## Problem requirements:
For the material below, return exactly the lines starting at the line containing "Bool) (run : Run) (db : Db)" and ending at the line containing "(merge_or_close-Good merged (calls", both ends included, and no others.

┄┄┄┄┄┄┄┄┄┄

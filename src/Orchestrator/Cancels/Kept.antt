-- ===== src/Orchestrator/Cancels/Kept.antt =====
-- The changes of many runs in internal/orchestrator keep the table of runs well-formed.
use rascal.Prelude.{
  ℕ, inl, inr, Bool, true, false, not, ◌&&◌, ◌||◌, Option, none, some, List, [], ◌∷◌, reverse,
  Bool-cases, Option-cases, if◌then◌else◌, ◌==◌,
}
use rascal.Text.{Text, codes, is_empty, trim_space}
use rascal.Status.{
  RunStatus, RunStatusReason, succeeded, canceled, pr_closed, review_thread_resolved,
  parse_run_status, run_status_text,
}
use rascal.Enums.{pr_merged, pr_closed_unmerged, normalize_repo}
use rascal.Store.Schema.{Run, Db}
use rascal.Store.Tx.{ok, Faults}
use rascal.Store.Sql.{is_queued}
use rascal.Store.Runs.{list_runs, update_run_by, assign_status, set_run_status_with_reason}
use rascal.Store.Leases.{clear_run_cancel}
use rascal.Store.Invariant.Preservation.{Good, update_run_by-Good}
use rascal.Orchestrator.StateMachine.{
  TransitionOption, config, batched, transition, transition_batch, with_error, with_reason,
}
use rascal.Orchestrator.Scheduler.{pending_run_cancel_status}
use rascal.Orchestrator.PullRequests.{
  Call, for_runs, is_review, is_merged, same_pr, set_pr_status, close_run, merge_or_close, reopened,
  reconcile_closed_run, reconcile_closed_pr_runs, reconcile_reopened_run,
  reconcile_reopened_pr_runs,
}
use rascal.Orchestrator.Cancels.{
  or_canceled, is_thread, queued_for_thread, target_thread, cancel_run, cancel_thread_run,
  cancel_queued_review_thread_runs, recovered, recover_run, recover_queued_cancels,
}

pub transition-Good :
    (faults : Faults) (at now : ℕ) (run_id : Text) (to : RunStatus) (opts : List TransitionOption)
    (db : Db)
    → Good db
    → Good (transition faults at now run_id to opts db).0
unfolding transition set_run_status_with_reason
transition-Good faults at now run_id to opts db g =
    elim (Option-cases (parse_run_status (run_status_text to))) [
      | inl e ↦ rw (e, set_run_status_with_reason) g
      | inr (s, e) ↦
          rw (e, set_run_status_with_reason)
            (update_run_by-Good faults now run_id
              (λ r. ok (assign_status s (config opts).err_text (config opts).reason at r)) db g)
    ]

pub transition_batch-Good :
    (faults : Faults) (at now : ℕ) (run_id : Text) (to : RunStatus) (mutations : Run → Run)
    (opts : List TransitionOption) (db : Db)
    → Good db
    → Good (transition_batch faults at now run_id to mutations opts db).0
unfolding transition_batch
transition_batch-Good faults at now run_id to mutations opts db g =
    update_run_by-Good faults now run_id (λ r. ok (batched at to (config opts) (mutations r))) db g

for_runs-Good :
    (step : Run → Db → Db) (runs : List Run) (db : Db)
    → ((run : Run) (d : Db) → Good d → Good (step run d))
    → Good db
    → Good (for_runs step runs db)
unfolding for_runs
for_runs-Good step [] db h g = g
for_runs-Good step (r ∷ rs) db h g = for_runs-Good step rs (step r db) h (h r db g)

pub clear-Good : (run_id : Text) (db : Db) → Good db → Good (clear_run_cancel run_id db)
unfolding clear_run_cancel
clear-Good run_id db g = elim (Bool-cases (is_empty (trim_space run_id))) [
  | inl e ↦ rw e g
  | inr e ↦ rw e g
]

-- One of two databases that are both well-formed.
pub if-Good : (b : Bool) (x y : Db) → Good x → Good y → Good (if b then x else y)
if-Good true x y gx gy = gx
if-Good false x y gx gy = gy

close-Good : (c : Call) (run : Run) (db : Db) → Good db → Good (close_run c run db)
close-Good c run db g =
    if-Good (is_review run.status)
      (transition_batch c.faults c.at c.now run.id canceled (set_pr_status pr_closed_unmerged)
        (with_error (codes "pull request closed without merge") ∷ with_reason pr_closed ∷ []) db).0
      (update_run_by c.faults c.now run.id (λ r. ok (set_pr_status pr_closed_unmerged r)) db).0
      (transition_batch-Good c.faults c.at c.now run.id canceled (set_pr_status pr_closed_unmerged)
        (with_error (codes "pull request closed without merge") ∷ with_reason pr_closed ∷ []) db g)
      (update_run_by-Good c.faults c.now run.id (λ r. ok (set_pr_status pr_closed_unmerged r)) db g)

merge_or_close-Good :
    (merged : Bool) (c : Call) (run : Run) (db : Db)
    → Good db
    → Good (merge_or_close merged c run db)
merge_or_close-Good true c run db g =
    if-Good (is_review run.status)
      (transition_batch c.faults c.at c.now run.id succeeded (set_pr_status pr_merged) [] db).0
      (update_run_by c.faults c.now run.id (λ r. ok (set_pr_status pr_merged r)) db).0
      (transition_batch-Good c.faults c.at c.now run.id succeeded (set_pr_status pr_merged) [] db g)
      (update_run_by-Good c.faults c.now run.id (λ r. ok (set_pr_status pr_merged r)) db g)
merge_or_close-Good false c run db g =
    if-Good (is_merged run.pr_status) db (close_run c run db) g (close-Good c run db g)

closed-Good :
    (calls : Text → Call) (repo : Text) (n : ℕ) (merged : Bool) (run : Run) (db : Db)
    → Good db
    → Good (reconcile_closed_run calls repo n merged run db)
unfolding reconcile_closed_run
closed-Good calls repo n merged run db g =
    if-Good (not (same_pr repo n run)) db (merge_or_close merged (calls run.id) run db) g
      (merge_or_close-Good merged (calls run.id) run db g)

reopened-Good :
    (calls : Text → Call) (repo : Text) (n : ℕ) (run : Run) (db : Db)
    → Good db
    → Good (reconcile_reopened_run calls repo n run db)
unfolding reconcile_reopened_run
reopened-Good calls repo n run db g =
    if-Good (not (same_pr repo n run) || is_merged run.pr_status) db
      (update_run_by (calls run.id).faults (calls run.id).now run.id (λ r. ok (reopened r)) db).0 g
      (update_run_by-Good (calls run.id).faults (calls run.id).now run.id (λ r. ok (reopened r)) db
        g)

cancel_run-Good :
    (c : Call) (run : Run) (reason : Text) (status_reason : RunStatusReason) (db : Db)
    → Good db
    → Good (cancel_run c run reason status_reason db)
cancel_run-Good c run reason status_reason db g =
    transition-Good c.faults c.at c.now run.id canceled
      (with_error reason ∷ with_reason status_reason ∷ []) db g

thread-Good :
    (calls : Text → Call) (file : Run → Option ℕ) (task_id repo : Text) (n thread : ℕ)
    (reason : Text) (run : Run) (db : Db)
    → Good db
    → Good (cancel_thread_run calls file task_id repo n thread reason run db)
unfolding cancel_thread_run
thread-Good calls file task_id repo n thread reason run db g =
    if-Good (queued_for_thread task_id repo n run && is_thread thread (target_thread file run db))
      (cancel_run (calls run.id) run reason review_thread_resolved db) db
      (cancel_run-Good (calls run.id) run reason review_thread_resolved db g) g

recovered-Good :
    (c : Call) (run : Run) (o : Option (Text × RunStatusReason)) (db : Db)
    → Good db
    → Good (recovered c run o db)
recovered-Good c run none db g = g
recovered-Good c run (some (reason, status_reason)) db g =
    clear-Good run.id (cancel_run c run reason status_reason db)
      (cancel_run-Good c run reason status_reason db g)

recover-Good :
    (calls : Text → Call) (run : Run) (db : Db) → Good db → Good (recover_run calls run db)
unfolding recover_run
recover-Good calls run db g =
    if-Good (is_queued run.status)
      (recovered (calls run.id) run (pending_run_cancel_status run.id db) db) db
      (recovered-Good (calls run.id) run (pending_run_cancel_status run.id db) db g) g

-- Closing, merging or reopening a pull request, resolving a review thread, and recovering the cancels
-- of queued runs keep the table of runs well-formed, whatever the database refuses on the way.
pub sweeps-Good :
    (max_runs : ℕ) (calls : Text → Call) (file : Run → Option ℕ) (task_id repo : Text)
    (n thread : ℕ) (reason : Text) (merged : Bool) (db : Db)
    → Good db
    → Good (reconcile_closed_pr_runs max_runs calls repo n merged db)
      × Good (reconcile_reopened_pr_runs max_runs calls repo n db)
      × Good (cancel_queued_review_thread_runs max_runs calls file task_id repo n thread reason db)
      × Good (recover_queued_cancels max_runs calls db)
unfolding reconcile_closed_pr_runs reconcile_reopened_pr_runs cancel_queued_review_thread_runs
    recover_queued_cancels
sweeps-Good max_runs calls file task_id repo n thread reason merged db g =
    let runs = list_runs max_runs 10000 db in
    let step =
      cancel_thread_run calls file (trim_space task_id) (trim_space repo) n thread
        (or_canceled (trim_space reason)) in
    (
      if-Good (is_empty (normalize_repo repo) || n == 0) db
          (for_runs (reconcile_closed_run calls (normalize_repo repo) n merged) runs db) g
          (for_runs-Good (reconcile_closed_run calls (normalize_repo repo) n merged) runs db
            (closed-Good calls (normalize_repo repo) n merged) g),
      if-Good (is_empty (normalize_repo repo) || n == 0) db
          (for_runs (reconcile_reopened_run calls (normalize_repo repo) n) runs db) g
          (for_runs-Good (reconcile_reopened_run calls (normalize_repo repo) n) runs db
            (reopened-Good calls (normalize_repo repo) n) g),
      if-Good
          (is_empty (trim_space task_id) || (is_empty (trim_space repo) || (n == 0 || thread == 0)))
          db (for_runs step runs db) g
          (for_runs-Good step runs db
            (thread-Good calls file (trim_space task_id) (trim_space repo) n thread
              (or_canceled (trim_space reason)))
            g),
      for_runs-Good (recover_run calls) (reverse runs) db (recover-Good calls) g,
    )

┄┄┄┄┄┄┄┄┄┄

## Answer below:
    (calls : Text → Call) (repo : Text) (n : ℕ) (merged : Bool) (run : Run) (db : Db)
    → Good db
    → Good (reconcile_closed_run calls repo n merged run db)
unfolding reconcile_closed_run
closed-Good calls repo n merged run db g =
    if-Good (not (same_pr repo n run)) db (merge_or_close merged (calls run.id) run db) g
      (merge_or_close-Good merged (calls run.id) run db g)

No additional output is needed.